The Maya were nowhere near Europe in technology. Metallurgy is just one of many areas where there was literally thousands of years of difference between Europe and the Maya. The Maya cannot even be considered Bronze Age. Shipbuilding is another area where even the ancient Mediterranean peoples were far in advance of the Maya; exploration age Europe was leaps and bounds beyond that. Without ships or draft animals (more on that later), there is no way that Mayan trade networks would have compared with Europe except at the very high luxury, low mass end of the scale (think Quetzal feathers and jade). Classical era grain shipments from Egypt to Rome far out massed (by orders of magnitude) anything the Maya could have sent around by porter, and 15th century Europe shipped huge amounts of grain, fish, wool, lumber, etc. from the Mediterranean to the Baltic and back.
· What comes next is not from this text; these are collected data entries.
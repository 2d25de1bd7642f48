-- ===== src/Bindings/Lifetime/Returned.antt =====
-- The references that the Lua object of a query holds, and that its end gives back, src/lua/LuaDatabase.cpp and
-- src/lua/LuaQuery.cpp.
use my_sqloo.Base.{ℕ, ◌+◌, ◌≤◌, ◌≡◌, ◌∙◌, refl, ap, arith, ◌==◌, count, Bool-cases, inl, inr}
use my_sqloo.Bindings.Lifetime.{LuaIQuery, wrap, on_query_destroyed, on_lua_query_destroyed}
use my_sqloo.Bindings.Start.Balance.{Registered, one, create_lem, free_lem}
use my_sqloo.Client.{Bytes}
use my_sqloo.LuaData.{FieldTypes, DataTable, free_data_reference}
use my_sqloo.Objects.{IQuery, State}
use my_sqloo.References.{free_if_set}

module _ {Lua : Type 0} (reference_free : ℕ → Lua → Lua) where
  destroyed_lem :
      (o : LuaIQuery) (lua : Lua)
      → ((on_query_destroyed reference_free o lua).1
          ≡ free_if_set reference_free o.database_reference lua)
        × ((on_query_destroyed reference_free o lua).0.database_reference ≡ 0)
  unfolding on_query_destroyed free_if_set
  destroyed_lem o lua = elim (Bool-cases (o.database_reference == 0)) [
    | inl e ↦ rw (on_query_destroyed, free_if_set, e) (refl, ground (arith, e))
    | inr e ↦ rw (on_query_destroyed, free_if_set, e) (refl, refl)
  ]

module _ {Number World Lua : Type 0} (types : FieldTypes) (atof : Bytes → Number)
    (of_unsigned : ℕ → Number) (R : Registered Lua)
    (reference_create : DataTable types atof of_unsigned → Lua → ℕ × Lua) where
  open R use {reference_free, live}

  data_freed_lem :
      (query : ℕ) (s : State World) (lua : Lua)
      → let (u, lua') =
          free_data_reference types atof of_unsigned reference_create reference_free query
            (s, lua) in
        (lua' ≡ free_if_set reference_free (s.queries query).data_reference lua)
        × ((u.queries query).data_reference ≡ 0)
  unfolding free_data_reference free_if_set
  data_freed_lem query s lua = elim (Bool-cases ((s.queries query).data_reference == 0)) [
    | inl e ↦ rw (free_data_reference, free_if_set, e) (refl, ground (arith, e))
    | inr e ↦ rw (free_data_reference, free_if_set, e) (refl, ground arith)
  ]

  -- A new Lua object of a query adds the reference to its database to what is live in Lua, and nothing
  -- else. When Lua destroys an object whose references are live besides others, they are freed, each once,
  -- the others stay live, and neither the object nor its query holds a reference any more.
  pub object_returned :
      (q : IQuery) (query : ℕ) (x : State World × Lua) (o : LuaIQuery) (s : State World) (lua : Lua)
      (others : ℕ → ℕ)
      → ((r : ℕ)
          → count r (live lua)
            ≡ one r o.database_reference + (one r (s.queries o.query).data_reference + others r))
      → let (made, y) = wrap R.reference_create q query x in
        let (o', z) =
          on_lua_query_destroyed types atof of_unsigned reference_create reference_free o
            (s, lua) in
        ((r : ℕ) → count r (live y.1) ≡ one r made.database_reference + count r (live x.1))
        × ((r : ℕ) → count r (live z.1) ≡ others r)
        × (o'.database_reference ≡ 0)
        × ((z.0.queries o.query).data_reference ≡ 0)
  unfolding wrap on_lua_query_destroyed
  object_returned q query x o s lua others h =
      let lua1 = (on_query_destroyed reference_free o lua).1 in
      let data_reference = (s.queries o.query).data_reference in
      let (first, cleared) = destroyed_lem reference_free o lua in
      let (second, cleared') = data_freed_lem o.query s lua1 in
      let one_freed : (r : ℕ)
          → count r (live lua1) + one r o.database_reference ≡ count r (live lua) =
        λ r.
          ap (λ l. count r (live l) + one r o.database_reference) first
          ∙ free_lem R o.database_reference r lua (omega (arith, h o.database_reference)) in
      let enough : one data_reference data_reference ≤ count data_reference (live lua1) =
        omega (arith, one_freed data_reference, h data_reference) in
      (
        λ r. create_lem R r x.1,
        λ r. omega (
          arith,
          one_freed r,
          h r,
          ap (λ l. count r (live l)) second,
          free_lem R data_reference r lua1 enough,
        ),
        cleared,
        cleared',
      )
The lack of large domestic mammals in North America meant that only human power could be used for any activity. So no plows (with a consequent impact on agricultural productivity), no carts (and no use of the wheel - including watermills that were widespread in Europe), no cavalry (Mayan infantry would have folded under a charge just as Aztec and Inca soldiers did), and most important of all, no herd diseases that had jumped to humans. Even a technologically advanced power would have been powerless against smallpox, which played a crucial role in the conquest of the Aztecs by Cortez.

New world civilizations were doomed, through no fault of their own. The relative lack of the raw material for agriculture and animal husbandry relative to the old world ensured that new world societies would have crippling disadvantages when the continents met. A vibrant Maya civilization would not have affected that situation at all. If you want more background on this, I recommend "Guns, Germs, and Steel" by Jared Diamond.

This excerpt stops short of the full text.